[Stored items]

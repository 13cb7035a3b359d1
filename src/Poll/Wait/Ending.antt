-- ===== src/Poll/Wait/Ending.antt =====
-- A wait is over by the deadline, and it does end (src/poll.rs).
use smspool_sdk.Prelude.{
  ℕ, zero, suc, ◌+◌, ◌-◌, ◌≤◌, ◌<◌, max, Option, none, some, Result, ok, err, arith,
}
use smspool_sdk.Float.{Floats}
use smspool_sdk.Error.{Error, rate_limit_of}
use smspool_sdk.Transport.Io.{Io, fail, ◌>>=◌}
use smspool_sdk.Transport.Rules.{IsSettled, EndsBy, bind-EndsBy, follow-IsSettled}
use smspool_sdk.Poll.Orders.{SmsCheck, pending, received, terminated}
use smspool_sdk.Poll.Delay.{
  PollOptions, advance_interval, polling_delay, stop_conditions, sleep_or_stop, ask_or_stop,
}
use smspool_sdk.Poll.Delay.Stops.{
  stop_conditions-Ends, sleep_or_stop-Ends, ask_or_stop-Ends, stop_conditions-EndsBy,
  sleep_or_stop-EndsBy, ask_or_stop-EndsBy, stop_conditions_time, sleep_or_stop_time,
  ask_or_stop_time,
}
use smspool_sdk.Poll.Wait.{
  PollError, client, deadline, cancelled, Checks, after_failure, after_check, after_round,
  wait_loop, wait_for_sms,
}

-- Each check takes some time, a nanosecond at least.
abbrev pub TakesTime : {P S T V : Type 0} → Checks P S T V → Type 0
TakesTime provider = (round : ℕ) → 0 < (provider.check round).takes

module _ (R : Floats) {P S T V : Type 0} (options : PollOptions (R.F))
    (provider : Checks P S T V) where
  module _ (rest : Option (SmsCheck P S T) → Io (PollError P S T V) (SmsCheck P S T))
      (round interval start : ℕ)
      (later : (last : Option (SmsCheck P S T)) (now : ℕ)
        → start < now
        → IsSettled (rest last now)) where
    after_round-IsSettled :
        (last : Option (SmsCheck P S T)) (retry_after : Option ℕ) (now : ℕ)
        → start < now
        → IsSettled (after_round R options provider round interval rest last retry_after now)
    unfolding after_round
    after_round-IsSettled last retry_after now h =
        let delay = polling_delay R options (provider.draw round) interval retry_after in
        let o = sleep_or_stop (cancelled last) (deadline last) options delay now in
        follow-IsSettled o.exit o.now o.sent (λ _. rest last)
          (sleep_or_stop-Ends (cancelled last) (deadline last) options delay now)
          (λ a q. later last o.now (
            omega
              (arith, h, sleep_or_stop_time (cancelled last) (deadline last) options delay now)))

    after_failure-IsSettled :
        (e : Error V) (last : Option (SmsCheck P S T)) (limit : Option (Option ℕ)) (now : ℕ)
        → start < now
        → IsSettled (
            after_failure
              (fail (client e))
              (after_round R options provider round interval rest last)
              limit
              now)
    unfolding after_failure
    after_failure-IsSettled e last none now h = (λ q. cc, λ q. cc)
    after_failure-IsSettled e last (some retry_after) now h =
        after_round-IsSettled last retry_after now h

    after_check-IsSettled :
        (last : Option (SmsCheck P S T)) (answer : Result (SmsCheck P S T) (Error V)) (now : ℕ)
        → start < now
        → IsSettled
            (after_check last (after_round R options provider round interval rest) answer now)
    unfolding after_check
    after_check-IsSettled last (ok (pending p)) now h =
        after_round-IsSettled (some (pending p)) none now h
    after_check-IsSettled last (ok (received s)) now h = (λ q. cc, λ q. cc)
    after_check-IsSettled last (ok (terminated t)) now h = (λ q. cc, λ q. cc)
    after_check-IsSettled last (err e) now h =
        after_failure-IsSettled e last (rate_limit_of e) now h

  module _ (time : TakesTime provider) where
    wait_loop-IsSettled :
        (left round interval : ℕ) (last : Option (SmsCheck P S T)) (now : ℕ)
        → options.deadline < now + left
        → 0 < left
        → IsSettled (wait_loop R options provider left round interval last now)
    unfolding wait_loop
    wait_loop-IsSettled zero round interval last now h pos = absurd (omega arith)
    wait_loop-IsSettled (suc left) round interval last now h pos =
        let rest =
          wait_loop R options provider left (suc round)
            (advance_interval interval options.max_interval) in
        let next = after_check last (after_round R options provider round interval rest) in
        let ask = ask_or_stop (cancelled last) (deadline last) options (provider.check round) in
        let stop = stop_conditions (cancelled last) (deadline last) options now in
        let before = stop_conditions_time (cancelled last) (deadline last) options now in
        let o = ask stop.now in
        follow-IsSettled stop.exit stop.now stop.sent (λ _. ask >>= next)
          (stop_conditions-Ends (cancelled last) (deadline last) options now)
          (λ _ passed.
            follow-IsSettled o.exit o.now o.sent next
              (ask_or_stop-Ends (cancelled last) (deadline last) options (provider.check round)
                stop.now)
              (λ answer q.
                after_check-IsSettled rest round interval now
                  (λ last' now' less.
                    wait_loop-IsSettled left (suc round)
                      (advance_interval interval options.max_interval) last' now'
                      (omega (arith, h, less)) (omega (arith, h, before.1 passed)))
                  last answer o.now
                  (omega (
                    arith,
                    before.0,
                    time round,
                    ask_or_stop_time (cancelled last) (deadline last) options (provider.check round)
                        stop.now answer q,
                  ))))

  module _ (b : ℕ) (late : options.deadline ≤ b) where
    module _ (rest : Option (SmsCheck P S T) → Io (PollError P S T V) (SmsCheck P S T))
        (later : (last : Option (SmsCheck P S T)) → EndsBy b b (rest last))
        (round interval : ℕ) where
      after_round-EndsBy :
          (last : Option (SmsCheck P S T)) (retry_after : Option ℕ)
          → EndsBy b b (after_round R options provider round interval rest last retry_after)
      unfolding after_round
      after_round-EndsBy last retry_after =
          let delay = polling_delay R options (provider.draw round) interval retry_after in
          bind-EndsBy (sleep_or_stop (cancelled last) (deadline last) options delay)
            (λ _. rest last) b b b (omega arith)
            (sleep_or_stop-EndsBy (cancelled last) (deadline last) options b late delay)
            (λ _. later last)

      after_failure-EndsBy :
          (e : Error V) (last : Option (SmsCheck P S T)) (limit : Option (Option ℕ))
          → EndsBy b b (
              after_failure
                (fail (client e))
                (after_round R options provider round interval rest last)
                limit)
      unfolding after_failure
      after_failure-EndsBy e last none = λ now h. h
      after_failure-EndsBy e last (some retry_after) = after_round-EndsBy last retry_after

      after_check-EndsBy :
          (last : Option (SmsCheck P S T)) (answer : Result (SmsCheck P S T) (Error V))
          → EndsBy b b
              (after_check last (after_round R options provider round interval rest) answer)
      unfolding after_check
      after_check-EndsBy last (ok (pending p)) = after_round-EndsBy (some (pending p)) none
      after_check-EndsBy last (ok (received s)) = λ now h. h
      after_check-EndsBy last (ok (terminated t)) = λ now h. h
      after_check-EndsBy last (err e) = after_failure-EndsBy e last (rate_limit_of e)

    wait_loop-EndsBy :
        (left round interval : ℕ) (last : Option (SmsCheck P S T))
        → EndsBy b b (wait_loop R options provider left round interval last)
    unfolding wait_loop
    wait_loop-EndsBy zero round interval last = λ now h. h
    wait_loop-EndsBy (suc left) round interval last =
        let rest =
          wait_loop R options provider left (suc round)
            (advance_interval interval options.max_interval) in
        let next = after_check last (after_round R options provider round interval rest) in
        let ask = ask_or_stop (cancelled last) (deadline last) options (provider.check round) in
        bind-EndsBy (stop_conditions (cancelled last) (deadline last) options) (λ _. ask >>= next) b
          b b (omega arith) (stop_conditions-EndsBy (cancelled last) (deadline last) options b late)
          (λ _.
            bind-EndsBy ask next b b b (omega arith)
              (ask_or_stop-EndsBy (cancelled last) (deadline last) options b late
                (provider.check round))
              (after_check-EndsBy rest
                (wait_loop-EndsBy left (suc round) (advance_interval interval options.max_interval))
                round interval last))

-- A wait is over by its deadline, or at once if it starts behind it, and when each check takes some
-- time it ends in a snapshot or an error.
pub wait_for_sms-IsSettled :
    (R : Floats) {P S T V : Type 0} (options : PollOptions (R.F)) (provider : Checks P S T V)
    (now : ℕ)
    → TakesTime provider
    → IsSettled (wait_for_sms R options provider now)
      × ((wait_for_sms R options provider now).now ≤ max now options.deadline)
unfolding wait_for_sms
wait_for_sms-IsSettled R options provider now time =
    let left = suc (options.deadline - now) in
    (
      wait_loop-IsSettled R options provider time left 0 options.base_interval none now
          (omega arith) (omega arith),
      wait_loop-EndsBy R options provider (max now options.deadline) (omega arith) left 0
          options.base_interval none now (omega arith),
    )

Aim of the exercise: Out of the data above, return each line where the word "pending" can be found.

Written response:
use smspool_sdk.Poll.Orders.{SmsCheck, pending, received, terminated}
    after_check-IsSettled last (ok (pending p)) now h =
        after_round-IsSettled (some (pending p)) none now h
      after_check-EndsBy last (ok (pending p)) = after_round-EndsBy (some (pending p)) none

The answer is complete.